◆ **INSTRUCTIONS FOR THE TASK**
Repeat each entry in full, exactly.

◆ **EXTRACTED DATA**

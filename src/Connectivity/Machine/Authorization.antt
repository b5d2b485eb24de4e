-- ===== src/Connectivity/Machine/Authorization.antt =====
-- Who gets a tunnel: what is in the registry when the relay accepts the request of an app.
use agent_tunnel.Base.{
  ℕ, ◌<◌, ◌≡◌, ◌≢◌, sym, ◌⊎◌, inl, inr, true, false, Option, none, some, List, [], ◌∷◌, arith,
  nat_eq, any, Any, here, there, Bool-cases, Option-cases,
}
use agent_tunnel.Base.Text.{Text, text_eq, trim, is_empty}
use agent_tunnel.Base.Peer.{Peer, peer_eq, is_nil}
use agent_tunnel.Base.Dict.{Dict, lookup, has, values}
use agent_tunnel.Base.Entries.{lookup-All}
use agent_tunnel.Connectivity.{Registry, AppOwner, LiveApp, LiveDaemon, TrustedAndroid, Trusted, ok}
use agent_tunnel.Connectivity.Keys.{daemon_map_key, daemon_map_key-injective, normalize_fingerprint}
use agent_tunnel.Connectivity.Access.{
  trusted_fingerprint, app_owner_active, app_peer_active, app_owner_revoked, same_app, is_cut_off,
}
use agent_tunnel.Connectivity.Requests.{
  TunnelRequest, Env, normalize_request, requester_active, request_key,
}
use agent_tunnel.Connectivity.Tunnels.{Pending, begin_relay_tunnel}
use agent_tunnel.Connectivity.Tunnels.Admission.{begin-Checked}
use agent_tunnel.Connectivity.Machine.{Reachable}
use agent_tunnel.Connectivity.Machine.Keyed.{IsKeyed}
use agent_tunnel.Connectivity.Machine.Keyed.Steps.{Reachable-Keyed}

-- The session is not revoked, and it began behind any cut-off of its user.
abbrev pub IsCurrent : Registry → AppOwner → Type 0
IsCurrent r owner =
    (lookup (trim owner.app_session_id) r.revoked_apps ≡ none)
    × ((cutoff : ℕ)
        → lookup owner.user_id r.user_app_cutoff ≡ some cutoff
        → (cutoff < owner.session_created_at) × (owner.session_created_at ≢ 0))

-- The connection is one of the owner's session and device.
abbrev pub IsOf : AppOwner → LiveApp → Type 0
IsOf owner app =
    (app.owner.user_id ≡ owner.user_id)
    × (app.owner.app_session_id ≡ owner.app_session_id)
    × (app.owner.device_fingerprint ≡ normalize_fingerprint owner.device_fingerprint)

-- The app has a current connection: the one that it asks by, or any where it names none.
abbrev pub IsConnected : Registry → TunnelRequest → Type 0
IsConnected r q =
    ((app : LiveApp) × (lookup q.app_peer r.apps ≡ some app)
      × IsOf q.owner app
      × IsCurrent r app.owner)
    ⊎ ((is_nil q.app_peer ≡ true) × Any (IsOf q.owner) (values r.apps) × IsCurrent r q.owner)

cut_off-false :
    (o : Option ℕ) (at cutoff : ℕ)
    → is_cut_off o at ≡ false
    → o ≡ some cutoff
    → (cutoff < at) × (at ≢ 0)
unfolding is_cut_off
cut_off-false none at cutoff h e = absurd (ground (arith, e))
cut_off-false (some c) at cutoff h e = (ground (arith, h, e), λ z. ground (arith, h, z))

revoked-IsCurrent :
    (r : Registry) (owner : AppOwner) → app_owner_revoked r owner ≡ false → IsCurrent r owner
unfolding app_owner_revoked has
revoked-IsCurrent r owner h = (
  ground (arith, h),
  λ cutoff found.
      cut_off-false (lookup owner.user_id r.user_app_cutoff) owner.session_created_at cutoff
        (ground (arith, h)) found,
)

peer-IsConnected :
    (r : Registry) (owner : AppOwner) (peer : Peer)
    → app_peer_active r owner peer ≡ true
    → (app : LiveApp) × (lookup peer r.apps ≡ some app)
      × IsOf owner app
      × (app_owner_revoked r app.owner ≡ false)
unfolding app_peer_active
peer-IsConnected r owner peer h = ground arith

any-IsOf :
    (owner : AppOwner) (apps : List LiveApp)
    → any
        (λ app.
          same_app app.owner
            (record owner { device_fingerprint = normalize_fingerprint owner.device_fingerprint }))
        apps
      ≡ true
    → Any (IsOf owner) apps
any-IsOf owner [] h = absurd (ground (arith, h))
any-IsOf owner (app ∷ apps) h =
    elim (Bool-cases (
      same_app app.owner
        (record owner { device_fingerprint = normalize_fingerprint owner.device_fingerprint }))) [
          | inl e ↦ here app apps (ground (arith, e), ground (arith, e), ground (arith, e))
          | inr e ↦ there app apps (any-IsOf owner apps (ground (arith, h, e)))
        ]

pub active-IsConnected :
    (r : Registry) (q : TunnelRequest) → requester_active r q ≡ true → IsConnected r q
unfolding requester_active app_owner_active
active-IsConnected r q h = elim (Bool-cases (is_nil q.app_peer)) [
  | inr e ↦
      let (app, found, of, current) = peer-IsConnected r q.owner q.app_peer (rw e at h) in
      inl (app, found, of, revoked-IsCurrent r app.owner current)
  | inl e ↦
      let active : app_owner_active r q.owner ≡ true = rw e at h in
      inr (
        e,
        any-IsOf q.owner (values r.apps) (ground (arith, active)),
        revoked-IsCurrent r q.owner (ground (arith, active)),
      )
]

-- What holds in the registry when a request is accepted: the app's session has a connection, is not
-- revoked and not cut off; the daemon is one of the same user, trusts the app's device and is the one
-- that is asked; and the attempt has no direct session.
pub record Authorized (r : Registry) (q : TunnelRequest) (p : Pending) : Type 0 where
  pub connected : IsConnected r q
  pub host : LiveDaemon
  pub device : TrustedAndroid
  pub registered : lookup (daemon_map_key q.owner.user_id q.daemon_id) r.daemons ≡ some host
  pub own : host.owner.user_id ≡ q.owner.user_id
  pub named : trim host.info.device_id ≡ trim q.daemon_id
  pub trusted : lookup q.owner.device_fingerprint host.trusted ≡ some device
  pub asked : p.daemon_peer ≡ host.peer
  pub not_direct : lookup (request_key q) r.active_direct ≡ none

device-trusted :
    (trusted : Trusted) (fingerprint : Text)
    → is_empty (trusted_fingerprint trusted fingerprint) ≡ false
    → (device : TrustedAndroid) × (lookup fingerprint trusted ≡ some device)
device-trusted trusted fingerprint h = elim (Option-cases (lookup fingerprint trusted)) [
  | inl e ↦ absurd (ground (arith, h, e))
  | inr (device, e) ↦ (device, e)
]

has-none {ℓ} : {V : Type ℓ} (key : Text) (m : Dict Text V) → has key m ≡ false → lookup key m ≡ none
unfolding has
has-none key m h = ground (arith, h)

-- In a reachable registry a tunnel is begun only for an app whose session has a connection, is not
-- revoked and began behind any cut-off of its user, to the registered daemon of the id asked for, which
-- is of the same user and trusts the app's device, and not beside a direct session of the same attempt.
pub begin-Authorized :
    (r : Registry) (q : TunnelRequest) (env : Env) (p : Pending)
    → Reachable r
    → (begin_relay_tunnel r q env).1 ≡ ok p
    → Authorized r (normalize_request q) p
begin-Authorized r raw env p reached h =
    let q = normalize_request raw in
    let checked = begin-Checked r raw env p h in
    let host = checked.host in
    let (own, same_id) =
      daemon_map_key-injective q.owner.user_id host.owner.user_id q.daemon_id host.info.device_id (
        lookup-All IsKeyed (daemon_map_key q.owner.user_id q.daemon_id) r.daemons host
          (Reachable-Keyed r reached) checked.own_daemon) in
    let (device, trusted) =
      device-trusted host.trusted q.owner.device_fingerprint checked.trusting in
    record {
      connected = active-IsConnected r q checked.requester;
      host = host;
      device = device;
      registered = checked.own_daemon;
      own = sym own;
      named = sym same_id;
      trusted = trusted;
      asked = checked.asked;
      not_direct = has-none (request_key q) r.active_direct checked.not_direct;
    }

◆ **ANSWER BOX**
filename src/Connectivity/Machine/Authorization.antt
repository b5d2b485eb24de4e
-- ===== src/Connectivity/Machine/Authorization.antt =====
-- Who gets a tunnel: what is in the registry when the relay accepts the request of an app.
use agent_tunnel.Base.{
  ℕ, ◌<◌, ◌≡◌, ◌≢◌, sym, ◌⊎◌, inl, inr, true, false, Option, none, some, List, [], ◌∷◌, arith,
  nat_eq, any, Any, here, there, Bool-cases, Option-cases,
}
use agent_tunnel.Base.Text.{Text, text_eq, trim, is_empty}
use agent_tunnel.Base.Peer.{Peer, peer_eq, is_nil}
use agent_tunnel.Base.Dict.{Dict, lookup, has, values}
use agent_tunnel.Base.Entries.{lookup-All}
use agent_tunnel.Connectivity.{Registry, AppOwner, LiveApp, LiveDaemon, TrustedAndroid, Trusted, ok}
use agent_tunnel.Connectivity.Keys.{daemon_map_key, daemon_map_key-injective, normalize_fingerprint}
use agent_tunnel.Connectivity.Access.{
  trusted_fingerprint, app_owner_active, app_peer_active, app_owner_revoked, same_app, is_cut_off,
}
use agent_tunnel.Connectivity.Requests.{
  TunnelRequest, Env, normalize_request, requester_active, request_key,
}
use agent_tunnel.Connectivity.Tunnels.{Pending, begin_relay_tunnel}
use agent_tunnel.Connectivity.Tunnels.Admission.{begin-Checked}
use agent_tunnel.Connectivity.Machine.{Reachable}
use agent_tunnel.Connectivity.Machine.Keyed.{IsKeyed}
use agent_tunnel.Connectivity.Machine.Keyed.Steps.{Reachable-Keyed}

-- The session is not revoked, and it began behind any cut-off of its user.
abbrev pub IsCurrent : Registry → AppOwner → Type 0
IsCurrent r owner =
    (lookup (trim owner.app_session_id) r.revoked_apps ≡ none)
    × ((cutoff : ℕ)
        → lookup owner.user_id r.user_app_cutoff ≡ some cutoff
        → (cutoff < owner.session_created_at) × (owner.session_created_at ≢ 0))

-- The connection is one of the owner's session and device.
abbrev pub IsOf : AppOwner → LiveApp → Type 0
IsOf owner app =
    (app.owner.user_id ≡ owner.user_id)
    × (app.owner.app_session_id ≡ owner.app_session_id)
    × (app.owner.device_fingerprint ≡ normalize_fingerprint owner.device_fingerprint)

-- The app has a current connection: the one that it asks by, or any where it names none.
abbrev pub IsConnected : Registry → TunnelRequest → Type 0
IsConnected r q =
    ((app : LiveApp) × (lookup q.app_peer r.apps ≡ some app)
      × IsOf q.owner app
      × IsCurrent r app.owner)
    ⊎ ((is_nil q.app_peer ≡ true) × Any (IsOf q.owner) (values r.apps) × IsCurrent r q.owner)

cut_off-false :
    (o : Option ℕ) (at cutoff : ℕ)
    → is_cut_off o at ≡ false
    → o ≡ some cutoff
    → (cutoff < at) × (at ≢ 0)
unfolding is_cut_off
cut_off-false none at cutoff h e = absurd (ground (arith, e))
cut_off-false (some c) at cutoff h e = (ground (arith, h, e), λ z. ground (arith, h, z))

revoked-IsCurrent :
    (r : Registry) (owner : AppOwner) → app_owner_revoked r owner ≡ false → IsCurrent r owner
unfolding app_owner_revoked has
revoked-IsCurrent r owner h = (
  ground (arith, h),
  λ cutoff found.
      cut_off-false (lookup owner.user_id r.user_app_cutoff) owner.session_created_at cutoff
        (ground (arith, h)) found,
)

peer-IsConnected :
    (r : Registry) (owner : AppOwner) (peer : Peer)
    → app_peer_active r owner peer ≡ true
    → (app : LiveApp) × (lookup peer r.apps ≡ some app)
      × IsOf owner app
      × (app_owner_revoked r app.owner ≡ false)
unfolding app_peer_active
peer-IsConnected r owner peer h = ground arith

any-IsOf :
    (owner : AppOwner) (apps : List LiveApp)
    → any
        (λ app.
          same_app app.owner
            (record owner { device_fingerprint = normalize_fingerprint owner.device_fingerprint }))
        apps
      ≡ true
    → Any (IsOf owner) apps
any-IsOf owner [] h = absurd (ground (arith, h))
any-IsOf owner (app ∷ apps) h =
    elim (Bool-cases (
      same_app app.owner
        (record owner { device_fingerprint = normalize_fingerprint owner.device_fingerprint }))) [
          | inl e ↦ here app apps (ground (arith, e), ground (arith, e), ground (arith, e))
          | inr e ↦ there app apps (any-IsOf owner apps (ground (arith, h, e)))
        ]

pub active-IsConnected :
    (r : Registry) (q : TunnelRequest) → requester_active r q ≡ true → IsConnected r q
unfolding requester_active app_owner_active
active-IsConnected r q h = elim (Bool-cases (is_nil q.app_peer)) [
  | inr e ↦
      let (app, found, of, current) = peer-IsConnected r q.owner q.app_peer (rw e at h) in
      inl (app, found, of, revoked-IsCurrent r app.owner current)
  | inl e ↦
      let active : app_owner_active r q.owner ≡ true = rw e at h in
      inr (
        e,
        any-IsOf q.owner (values r.apps) (ground (arith, active)),
        revoked-IsCurrent r q.owner (ground (arith, active)),
      )
]

-- What holds in the registry when a request is accepted: the app's session has a connection, is not
-- revoked and not cut off; the daemon is one of the same user, trusts the app's device and is the one
-- that is asked; and the attempt has no direct session.
pub record Authorized (r : Registry) (q : TunnelRequest) (p : Pending) : Type 0 where
  pub connected : IsConnected r q
  pub host : LiveDaemon
  pub device : TrustedAndroid
  pub registered : lookup (daemon_map_key q.owner.user_id q.daemon_id) r.daemons ≡ some host
  pub own : host.owner.user_id ≡ q.owner.user_id
  pub named : trim host.info.device_id ≡ trim q.daemon_id
  pub trusted : lookup q.owner.device_fingerprint host.trusted ≡ some device
  pub asked : p.daemon_peer ≡ host.peer
  pub not_direct : lookup (request_key q) r.active_direct ≡ none

device-trusted :
    (trusted : Trusted) (fingerprint : Text)
    → is_empty (trusted_fingerprint trusted fingerprint) ≡ false
    → (device : TrustedAndroid) × (lookup fingerprint trusted ≡ some device)
device-trusted trusted fingerprint h = elim (Option-cases (lookup fingerprint trusted)) [
  | inl e ↦ absurd (ground (arith, h, e))
  | inr (device, e) ↦ (device, e)
]

has-none {ℓ} : {V : Type ℓ} (key : Text) (m : Dict Text V) → has key m ≡ false → lookup key m ≡ none
unfolding has
has-none key m h = ground (arith, h)

-- In a reachable registry a tunnel is begun only for an app whose session has a connection, is not
-- revoked and began behind any cut-off of its user, to the registered daemon of the id asked for, which
-- is of the same user and trusts the app's device, and not beside a direct session of the same attempt.
pub begin-Authorized :
    (r : Registry) (q : TunnelRequest) (env : Env) (p : Pending)
    → Reachable r
    → (begin_relay_tunnel r q env).1 ≡ ok p
    → Authorized r (normalize_request q) p
begin-Authorized r raw env p reached h =
    let q = normalize_request raw in
    let checked = begin-Checked r raw env p h in
    let host = checked.host in
    let (own, same_id) =
      daemon_map_key-injective q.owner.user_id host.owner.user_id q.daemon_id host.info.device_id (
        lookup-All IsKeyed (daemon_map_key q.owner.user_id q.daemon_id) r.daemons host
          (Reachable-Keyed r reached) checked.own_daemon) in
    let (device, trusted) =
      device-trusted host.trusted q.owner.device_fingerprint checked.trusting in
    record {
      connected = active-IsConnected r q checked.requester;
      host = host;
      device = device;
      registered = checked.own_daemon;
      own = sym own;
      named = sym same_id;
      trusted = trusted;
      asked = checked.asked;
      not_direct = has-none (request_key q) r.active_direct checked.not_direct;
    }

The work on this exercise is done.